身体が小さな頃の成長をすっぽりと見逃したから?
たぶん、前の子を喪った悲しみが、癒える前に迎えた犬だから。
だと、最近になって気づいてしまった。
私のスマートフォンの待ち受けは、人生2匹目として迎えた愛犬。昨年8月に肺水腫で苦しみながら逝った愛犬の写真を、未だ変えられずにいる。
ペットを喪った時、同じように可愛がっていても、心が癒えるスピードは家族によって格差がある。例えば、毎日の犬の散歩が日課だった父にとって、犬のいる生活は1日でも欠かせないものだった。実際、1匹目を喪った時、1年ほど次の犬を迎えることを躊躇ったが、その間に父は体重が減るほど落ち込み、2匹目を迎えたあとは、さらに熱心に犬を可愛がるようになった。昨年たった2ヶ月で3匹目となるりんちゃんを迎えることを強行に決めたのも、やはり父だった。
一方、兄弟のように遊び可愛がっていた私にとっては、「そろそろ次の子を」と思えるようになってから3匹目を迎えたかったというのが、心の一番根底に押し込んでいた本音だ。
「私は実家を離れているし、毎日の世話をするわけじゃないから。2人が決めたなら、いいと思うよ」
3匹目を迎えようと思う、と話す父と母に、大人ぶって言ったことを少し後悔している。

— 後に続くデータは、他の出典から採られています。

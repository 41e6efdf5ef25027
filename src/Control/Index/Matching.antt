-- ===== src/Control/Index/Matching.antt =====
-- What an encoded match key matches: the forms that `encode_match` sends, the ones that it leaves
-- out included, accept exactly the packets that the caller's values describe.
use p4net.Base.{
  ℕ, ◌-◌, ◌/◌, ◌^◌, ◌≤◌, ◌<◌, ◌≡◌, refl, ap, sym, ◌∙◌, ◌↔◌, inl, inr, true, Option, none, some,
  List, [], ◌∷◌, arith, ◌==◌, Bool-cases, ok, >>=-eq-ok, ok_inj, if◌then◌else◌, ℤ, pos, subst,
  require, ◌&&◌,
}
use p4net.Base.Bits.{bit_and-zero}
use p4net.Base.Text.{rsplit_last}
use p4net.Builtins.IntText.{parse_int}
use p4net.Builtins.Bytes.{from_bytes}
use p4net.Control.Codec.{
  Value, Arg, one, pair, tuple, other, bytes, bool, int, str, no_slash, bad_prefix, encode_value,
  parse_lpm, parse_ternary, parse_range, canonicalize, lpm_parts,
}
use p4net.Control.Codec.Canonical.{from_bytes-canonicalize}
use p4net.Control.Codec.Values.{IsPython, encode_value-FitsField}
use p4net.Control.Codec.Keys.{parse_lpm-iff-IsLpm}
use p4net.Control.Index.{MatchType, exact, lpm, ternary, range, optional, unspecified}
use p4net.Control.Index.MatchKeys.{
  MatchForm, exact_form, lpm_form, ternary_form, range_form, optional_form, as_value, all_zero,
}
use Prim.Native.Nat.{bit_and}
use native.Mathlib.Nat.{div-eq_of_lt}

-- When a field of `w` bits with the number `x` satisfies a form, as P4Runtime defines it.
abbrev pub FormMatches : ℕ → MatchForm → ℕ → Type 0
FormMatches w (exact_form bs) x = x ≡ from_bytes bs
FormMatches w (lpm_form bs len) x = x / 2 ^ (w - len) ≡ from_bytes bs / 2 ^ (w - len)
FormMatches w (ternary_form v m) x =
    bit_and x (from_bytes m) ≡ bit_and (from_bytes v) (from_bytes m)
FormMatches w (range_form lo hi) x = (from_bytes lo ≤ x) × (x ≤ from_bytes hi)
FormMatches w (optional_form bs) x = x ≡ from_bytes bs

-- A field that is left out matches everything.
abbrev pub SentMatches : ℕ → Option MatchForm → ℕ → Type 0
SentMatches w none x = Unit
SentMatches w (some form) x = FormMatches w form x

-- When `x` is what the caller's argument describes.
abbrev pub KeyMatches : MatchType → ℕ → Arg → ℕ → Type 0
KeyMatches exact w arg x =
    (bs : List ℕ) × (encode_value (as_value arg) w ≡ ok bs) × (x ≡ from_bytes bs)
KeyMatches optional w arg x =
    (bs : List ℕ) × (encode_value (as_value arg) w ≡ ok bs) × (x ≡ from_bytes bs)
KeyMatches lpm w arg x =
    (bs : List ℕ) × (len : ℕ) × (parse_lpm arg w ≡ ok (bs, len))
    × (x / 2 ^ (w - len) ≡ from_bytes bs / 2 ^ (w - len))
KeyMatches ternary w arg x =
    (v : List ℕ) × (m : List ℕ) × (parse_ternary arg w ≡ ok (v, m))
    × (bit_and x (from_bytes m) ≡ bit_and (from_bytes v) (from_bytes m))
KeyMatches range w arg x =
    (lo : List ℕ) × (hi : List ℕ) × (parse_range arg w ≡ ok (lo, hi))
    × (from_bytes lo ≤ x)
    × (x ≤ from_bytes hi)
KeyMatches unspecified w arg x = ⊥

-- `bytes` objects in the argument hold bytes.
abbrev pub IsPythonArg : Arg → Type 0
IsPythonArg (one v) = IsPython v
IsPythonArg (pair v m) = IsPython v × IsPython m
IsPythonArg tuple = Unit

pub all_zero→ : (bs : List ℕ) → all_zero bs ≡ true → from_bytes bs ≡ 0
unfolding all_zero from_bytes
all_zero→ [] h = refl
all_zero→ (b ∷ bs) h = ground (arith, all_zero→ bs)

pub lpm_addr-IsPython :
    (arg : Arg) (addr : Value) (len : ℤ)
    → IsPythonArg arg
    → lpm_parts arg ≡ ok (addr, len)
    → IsPython addr
unfolding lpm_parts
lpm_addr-IsPython (one (str s)) addr len p e =
    let ((front, prefix), _, e1) = >>=-eq-ok (require (rsplit_last b'/' s) no_slash) _ e in
    let (n, _, e2) = >>=-eq-ok (require (parse_int 10 prefix) bad_prefix) _ e1 in
    subst IsPython (ap (λ q. q.0) (ok_inj e2)) tt
lpm_addr-IsPython (one (bytes bs)) addr len p e = cc
lpm_addr-IsPython (one (bool b)) addr len p e = cc
lpm_addr-IsPython (one (int n)) addr len p e = cc
lpm_addr-IsPython (one other) addr len p e = cc
lpm_addr-IsPython (pair v (int n)) addr len p e = subst IsPython (ap (λ q. q.0) (ok_inj e)) p.0
lpm_addr-IsPython (pair v (bytes bs)) addr len p e = cc
lpm_addr-IsPython (pair v (bool b)) addr len p e = cc
lpm_addr-IsPython (pair v (str s)) addr len p e = cc
lpm_addr-IsPython (pair v other) addr len p e = cc
lpm_addr-IsPython tuple addr len p e = cc

-- A prefix of length 0 leaves no bit of the field.
lpm_value-lt :
    (arg : Arg) (w len : ℕ) (bs : List ℕ)
    → IsPythonArg arg
    → parse_lpm arg w ≡ ok (bs, len)
    → from_bytes bs < 2 ^ w
lpm_value-lt arg w len bs p e =
    let key = (parse_lpm-iff-IsLpm arg w bs len).0 e in
    (encode_value-FitsField key.addr w bs (lpm_addr-IsPython arg key.addr (pos len) p key.parts)
      key.encoded).1.value

module _ (w x : ℕ) (arg : Arg) (p : IsPythonArg arg) (small : x < 2 ^ w) where
  pub exact-matches :
      (bs : List ℕ)
      → encode_value (as_value arg) w ≡ ok bs
      → FormMatches w (exact_form (canonicalize bs)) x ↔ KeyMatches exact w arg x
  exact-matches bs e = (
    λ h. (bs, e, h ∙ from_bytes-canonicalize bs),
    λ (out, e', h). h ∙ ap from_bytes (ok_inj (sym e' ∙ e)) ∙ sym (from_bytes-canonicalize bs),
  )

  -- The parse has one result, so the description is an equation about it.
  lpm_key :
      (bs : List ℕ) (len : ℕ)
      → parse_lpm arg w ≡ ok (bs, len)
      → (x / 2 ^ (w - len) ≡ from_bytes bs / 2 ^ (w - len)) ↔ KeyMatches lpm w arg x
  lpm_key bs len e = (
    λ h. (bs, len, e, h),
    λ (bs', len', e', h).
        subst {A = List ℕ × ℕ} (λ q. x / 2 ^ (w - q.1) ≡ from_bytes q.0 / 2 ^ (w - q.1))
          (ok_inj (sym e' ∙ e)) h,
  )

  -- Both sides are 0 where no bit is left.
  no_prefix :
      (bs : List ℕ) (len : ℕ)
      → len ≡ 0
      → from_bytes bs < 2 ^ w
      → x / 2 ^ (w - len) ≡ from_bytes bs / 2 ^ (w - len)
  no_prefix bs len z below =
      let whole : w - len ≡ w = omega arith in rw (whole, div-eq_of_lt small, div-eq_of_lt below)

  pub lpm-matches :
      (bs : List ℕ) (len : ℕ)
      → parse_lpm arg w ≡ ok (bs, len)
      → SentMatches w (if len == 0 then none else some (lpm_form (canonicalize bs) len)) x
        ↔ KeyMatches lpm w arg x
  lpm-matches bs len e = elim (Bool-cases (len == 0)) [
    | inl z ↦ rw z (
      λ _. (lpm_key bs len e).0 (no_prefix bs len (ground arith) (lpm_value-lt arg w len bs p e)),
      λ _. tt,
    )
    | inr nz ↦ rw (nz, from_bytes-canonicalize bs) (lpm_key bs len e)
  ]

  ternary_key :
      (v m : List ℕ)
      → parse_ternary arg w ≡ ok (v, m)
      → (bit_and x (from_bytes m) ≡ bit_and (from_bytes v) (from_bytes m))
        ↔ KeyMatches ternary w arg x
  ternary_key v m e = (
    λ h. (v, m, e, h),
    λ (v', m', e', h).
        subst {A = List ℕ × List ℕ}
          (λ q. bit_and x (from_bytes q.1) ≡ bit_and (from_bytes q.0) (from_bytes q.1))
          (ok_inj (sym e' ∙ e)) h,
  )

  no_mask :
      (v m : List ℕ)
      → all_zero m ≡ true
      → bit_and x (from_bytes m) ≡ bit_and (from_bytes v) (from_bytes m)
  no_mask v m z = rw (all_zero→ m z, bit_and-zero x, bit_and-zero (from_bytes v))

  pub ternary-matches :
      (v m : List ℕ)
      → parse_ternary arg w ≡ ok (v, m)
      → SentMatches w
          (if all_zero m then none else some (ternary_form (canonicalize v) (canonicalize m)))
          x
        ↔ KeyMatches ternary w arg x
  ternary-matches v m e = elim (Bool-cases (all_zero m)) [
    | inl z ↦ rw z (λ _. (ternary_key v m e).0 (no_mask v m z), λ _. tt)
    | inr nz ↦ rw (nz, from_bytes-canonicalize v, from_bytes-canonicalize m) (ternary_key v m e)
  ]

  range_key :
      (lo hi : List ℕ)
      → parse_range arg w ≡ ok (lo, hi)
      → ((from_bytes lo ≤ x) × (x ≤ from_bytes hi)) ↔ KeyMatches range w arg x
  range_key lo hi e = (
    λ h. (lo, hi, e, h.0, h.1),
    λ (lo', hi', e', l, h).
        subst {A = List ℕ × List ℕ} (λ q. (from_bytes q.0 ≤ x) × (x ≤ from_bytes q.1))
          (ok_inj (sym e' ∙ e)) (l, h),
  )

  pub range-matches :
      (lo hi : List ℕ)
      → parse_range arg w ≡ ok (lo, hi)
      → SentMatches w
          (if from_bytes lo == 0 && from_bytes hi == 2 ^ w - 1
            then none
            else some (range_form (canonicalize lo) (canonicalize hi)))
          x
        ↔ KeyMatches range w arg x
  range-matches lo hi e = elim (Bool-cases (from_bytes lo == 0 && from_bytes hi == 2 ^ w - 1)) [
    | inl z ↦ rw z (λ _. (range_key lo hi e).0 (ground arith, ground arith), λ _. tt)
    | inr nz ↦ rw (nz, from_bytes-canonicalize lo, from_bytes-canonicalize hi) (range_key lo hi e)
  ]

お転婆なりんちゃんと2匹目を比べて、「あの子はこうじゃなかった」「あの子だったら」と思うことに罪悪感もある。そんな私でも、帰省の度にりんちゃんは嬉ションを撒き散らしながら、全力のwelcomeで迎えてくれるから、余計に心がちくりと痛むのだ。
我が家に来て1ヶ月。飼い主の前髪を食うりんちゃん。
ペットロスを癒すには、新しいペットを飼う方がいい、という意見をよく耳にする。2匹を見送って、確かにそうだと感じている。
では、大切な愛犬が死んだ時、次の子は"いつ"迎えるべきなのか。
家族によって違うその答えは、決して「早ければいい」という訳ではないと、自身の経験を持ってそう思う。快くその子1匹に向き合えるか、は寂しさや喪失感に負けることなく、犬を飼うすべての人に向き合ってほしい課題だと感じている。
大切な愛犬の一周忌に寄せて。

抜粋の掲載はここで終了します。